* Data listing:

•••••

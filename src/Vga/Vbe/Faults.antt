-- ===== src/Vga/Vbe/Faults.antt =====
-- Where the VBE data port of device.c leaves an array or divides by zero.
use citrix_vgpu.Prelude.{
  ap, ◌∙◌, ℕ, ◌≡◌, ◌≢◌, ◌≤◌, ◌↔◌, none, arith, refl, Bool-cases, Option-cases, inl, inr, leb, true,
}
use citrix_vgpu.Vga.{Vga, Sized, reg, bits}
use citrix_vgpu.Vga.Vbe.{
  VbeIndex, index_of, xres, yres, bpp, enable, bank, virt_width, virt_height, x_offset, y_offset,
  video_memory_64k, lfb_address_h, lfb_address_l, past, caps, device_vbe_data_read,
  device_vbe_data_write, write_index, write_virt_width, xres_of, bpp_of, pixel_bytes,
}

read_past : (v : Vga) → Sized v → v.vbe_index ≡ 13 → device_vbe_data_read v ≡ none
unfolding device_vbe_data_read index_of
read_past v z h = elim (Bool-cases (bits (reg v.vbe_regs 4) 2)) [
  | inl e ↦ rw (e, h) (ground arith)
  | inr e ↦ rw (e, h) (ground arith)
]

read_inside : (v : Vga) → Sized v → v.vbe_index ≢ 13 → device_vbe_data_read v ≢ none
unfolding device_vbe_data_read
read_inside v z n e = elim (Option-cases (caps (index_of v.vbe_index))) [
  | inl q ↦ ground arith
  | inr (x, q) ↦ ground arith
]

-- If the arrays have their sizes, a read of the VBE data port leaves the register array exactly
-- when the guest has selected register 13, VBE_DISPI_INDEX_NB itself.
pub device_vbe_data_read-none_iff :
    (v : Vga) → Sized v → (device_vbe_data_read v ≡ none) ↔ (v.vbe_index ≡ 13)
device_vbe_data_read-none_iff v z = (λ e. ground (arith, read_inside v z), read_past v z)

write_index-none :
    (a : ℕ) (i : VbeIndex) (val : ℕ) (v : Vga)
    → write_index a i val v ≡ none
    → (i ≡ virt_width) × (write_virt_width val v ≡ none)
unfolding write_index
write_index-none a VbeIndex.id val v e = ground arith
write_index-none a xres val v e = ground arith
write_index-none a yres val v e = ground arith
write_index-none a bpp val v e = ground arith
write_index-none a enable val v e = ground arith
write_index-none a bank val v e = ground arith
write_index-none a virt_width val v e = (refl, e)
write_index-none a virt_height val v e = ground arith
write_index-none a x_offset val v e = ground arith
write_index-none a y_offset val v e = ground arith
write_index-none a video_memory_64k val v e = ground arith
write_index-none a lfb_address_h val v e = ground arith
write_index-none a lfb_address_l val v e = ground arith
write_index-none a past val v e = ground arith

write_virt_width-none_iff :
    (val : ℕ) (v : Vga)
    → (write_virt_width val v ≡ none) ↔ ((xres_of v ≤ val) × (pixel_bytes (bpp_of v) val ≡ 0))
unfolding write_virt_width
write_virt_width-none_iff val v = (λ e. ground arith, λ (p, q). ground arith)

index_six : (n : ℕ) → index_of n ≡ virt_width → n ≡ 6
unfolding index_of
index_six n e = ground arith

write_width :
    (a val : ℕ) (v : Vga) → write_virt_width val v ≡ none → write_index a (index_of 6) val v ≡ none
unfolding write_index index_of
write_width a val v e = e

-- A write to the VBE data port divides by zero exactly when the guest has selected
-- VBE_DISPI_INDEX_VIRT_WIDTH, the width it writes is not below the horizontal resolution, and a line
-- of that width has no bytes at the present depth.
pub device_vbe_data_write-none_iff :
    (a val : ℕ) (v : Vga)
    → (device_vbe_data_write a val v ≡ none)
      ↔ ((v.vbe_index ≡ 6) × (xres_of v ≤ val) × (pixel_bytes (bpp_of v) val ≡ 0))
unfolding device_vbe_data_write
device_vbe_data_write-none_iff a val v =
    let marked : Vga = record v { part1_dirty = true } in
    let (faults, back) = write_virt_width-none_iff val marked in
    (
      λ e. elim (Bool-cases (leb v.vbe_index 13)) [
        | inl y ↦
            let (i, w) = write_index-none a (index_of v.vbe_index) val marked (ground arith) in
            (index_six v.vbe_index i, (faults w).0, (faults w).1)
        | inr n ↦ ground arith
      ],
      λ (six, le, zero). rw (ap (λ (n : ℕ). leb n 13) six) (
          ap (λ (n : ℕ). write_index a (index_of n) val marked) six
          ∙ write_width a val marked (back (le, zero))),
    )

•••••

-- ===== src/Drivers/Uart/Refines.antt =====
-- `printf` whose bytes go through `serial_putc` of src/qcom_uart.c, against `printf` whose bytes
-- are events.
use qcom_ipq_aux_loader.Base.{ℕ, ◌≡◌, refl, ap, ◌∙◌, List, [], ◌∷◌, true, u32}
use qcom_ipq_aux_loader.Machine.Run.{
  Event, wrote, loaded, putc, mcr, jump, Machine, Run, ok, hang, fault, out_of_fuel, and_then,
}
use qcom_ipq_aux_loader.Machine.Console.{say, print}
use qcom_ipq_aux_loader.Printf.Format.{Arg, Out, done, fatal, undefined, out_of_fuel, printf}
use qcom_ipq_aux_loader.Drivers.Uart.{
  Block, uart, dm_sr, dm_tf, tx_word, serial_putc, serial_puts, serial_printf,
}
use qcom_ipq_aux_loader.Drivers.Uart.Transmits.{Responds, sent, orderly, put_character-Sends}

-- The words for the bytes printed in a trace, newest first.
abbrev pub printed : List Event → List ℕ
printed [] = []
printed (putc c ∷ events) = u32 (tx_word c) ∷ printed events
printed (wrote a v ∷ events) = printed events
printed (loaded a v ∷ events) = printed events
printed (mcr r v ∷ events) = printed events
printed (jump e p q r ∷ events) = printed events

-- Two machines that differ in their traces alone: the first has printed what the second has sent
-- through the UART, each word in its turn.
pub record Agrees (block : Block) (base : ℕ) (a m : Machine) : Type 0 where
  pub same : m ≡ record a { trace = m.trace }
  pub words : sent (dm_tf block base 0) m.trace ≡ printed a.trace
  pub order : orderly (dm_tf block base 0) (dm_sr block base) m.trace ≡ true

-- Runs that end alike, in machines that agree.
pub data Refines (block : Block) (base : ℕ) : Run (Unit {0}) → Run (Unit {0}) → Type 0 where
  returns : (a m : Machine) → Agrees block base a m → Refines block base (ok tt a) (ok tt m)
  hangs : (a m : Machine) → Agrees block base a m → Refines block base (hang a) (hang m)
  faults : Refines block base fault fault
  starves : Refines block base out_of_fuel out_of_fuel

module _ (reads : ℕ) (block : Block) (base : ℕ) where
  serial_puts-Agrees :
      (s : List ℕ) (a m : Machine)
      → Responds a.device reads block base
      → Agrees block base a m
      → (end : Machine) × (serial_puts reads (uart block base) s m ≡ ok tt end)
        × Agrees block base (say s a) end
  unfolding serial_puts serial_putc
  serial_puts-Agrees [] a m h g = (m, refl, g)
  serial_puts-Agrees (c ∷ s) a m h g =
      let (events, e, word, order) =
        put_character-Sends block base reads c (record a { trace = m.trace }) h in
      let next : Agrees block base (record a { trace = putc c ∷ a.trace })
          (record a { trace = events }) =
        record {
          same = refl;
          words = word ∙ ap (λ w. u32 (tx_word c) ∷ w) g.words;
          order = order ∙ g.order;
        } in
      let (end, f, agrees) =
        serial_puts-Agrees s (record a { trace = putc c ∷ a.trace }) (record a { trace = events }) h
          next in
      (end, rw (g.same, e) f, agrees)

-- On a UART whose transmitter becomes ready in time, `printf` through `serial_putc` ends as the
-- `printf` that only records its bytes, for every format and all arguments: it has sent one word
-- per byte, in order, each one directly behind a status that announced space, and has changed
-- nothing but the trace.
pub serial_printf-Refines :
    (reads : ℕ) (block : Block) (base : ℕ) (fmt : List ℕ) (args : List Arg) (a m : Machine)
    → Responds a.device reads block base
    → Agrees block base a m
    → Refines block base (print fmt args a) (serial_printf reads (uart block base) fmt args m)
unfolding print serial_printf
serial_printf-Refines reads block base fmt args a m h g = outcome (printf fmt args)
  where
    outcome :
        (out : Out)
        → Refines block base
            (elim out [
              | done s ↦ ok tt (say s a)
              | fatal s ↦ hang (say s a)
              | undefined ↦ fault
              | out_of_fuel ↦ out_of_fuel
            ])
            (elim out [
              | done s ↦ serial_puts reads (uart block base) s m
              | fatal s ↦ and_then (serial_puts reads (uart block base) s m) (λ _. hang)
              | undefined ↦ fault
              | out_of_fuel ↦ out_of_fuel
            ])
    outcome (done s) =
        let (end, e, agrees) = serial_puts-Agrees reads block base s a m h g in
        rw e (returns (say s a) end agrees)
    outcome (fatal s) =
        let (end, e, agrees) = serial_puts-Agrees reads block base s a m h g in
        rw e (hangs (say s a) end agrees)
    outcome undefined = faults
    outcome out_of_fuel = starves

•••••

* Instructions to follow:
Reproduce only the lines above spanning from the line containing "filename src/Vga/Vbe/Faults.antt" through the line containing "read_past : (v", word for word.

* Written solution:
filename src/Vga/Vbe/Faults.antt
-- ===== src/Vga/Vbe/Faults.antt =====
-- Where the VBE data port of device.c leaves an array or divides by zero.
use citrix_vgpu.Prelude.{
  ap, ◌∙◌, ℕ, ◌≡◌, ◌≢◌, ◌≤◌, ◌↔◌, none, arith, refl, Bool-cases, Option-cases, inl, inr, leb, true,
}
use citrix_vgpu.Vga.{Vga, Sized, reg, bits}
use citrix_vgpu.Vga.Vbe.{
  VbeIndex, index_of, xres, yres, bpp, enable, bank, virt_width, virt_height, x_offset, y_offset,
  video_memory_64k, lfb_address_h, lfb_address_l, past, caps, device_vbe_data_read,
  device_vbe_data_write, write_index, write_virt_width, xres_of, bpp_of, pixel_bytes,
}

read_past : (v : Vga) → Sized v → v.vbe_index ≡ 13 → device_vbe_data_read v ≡ none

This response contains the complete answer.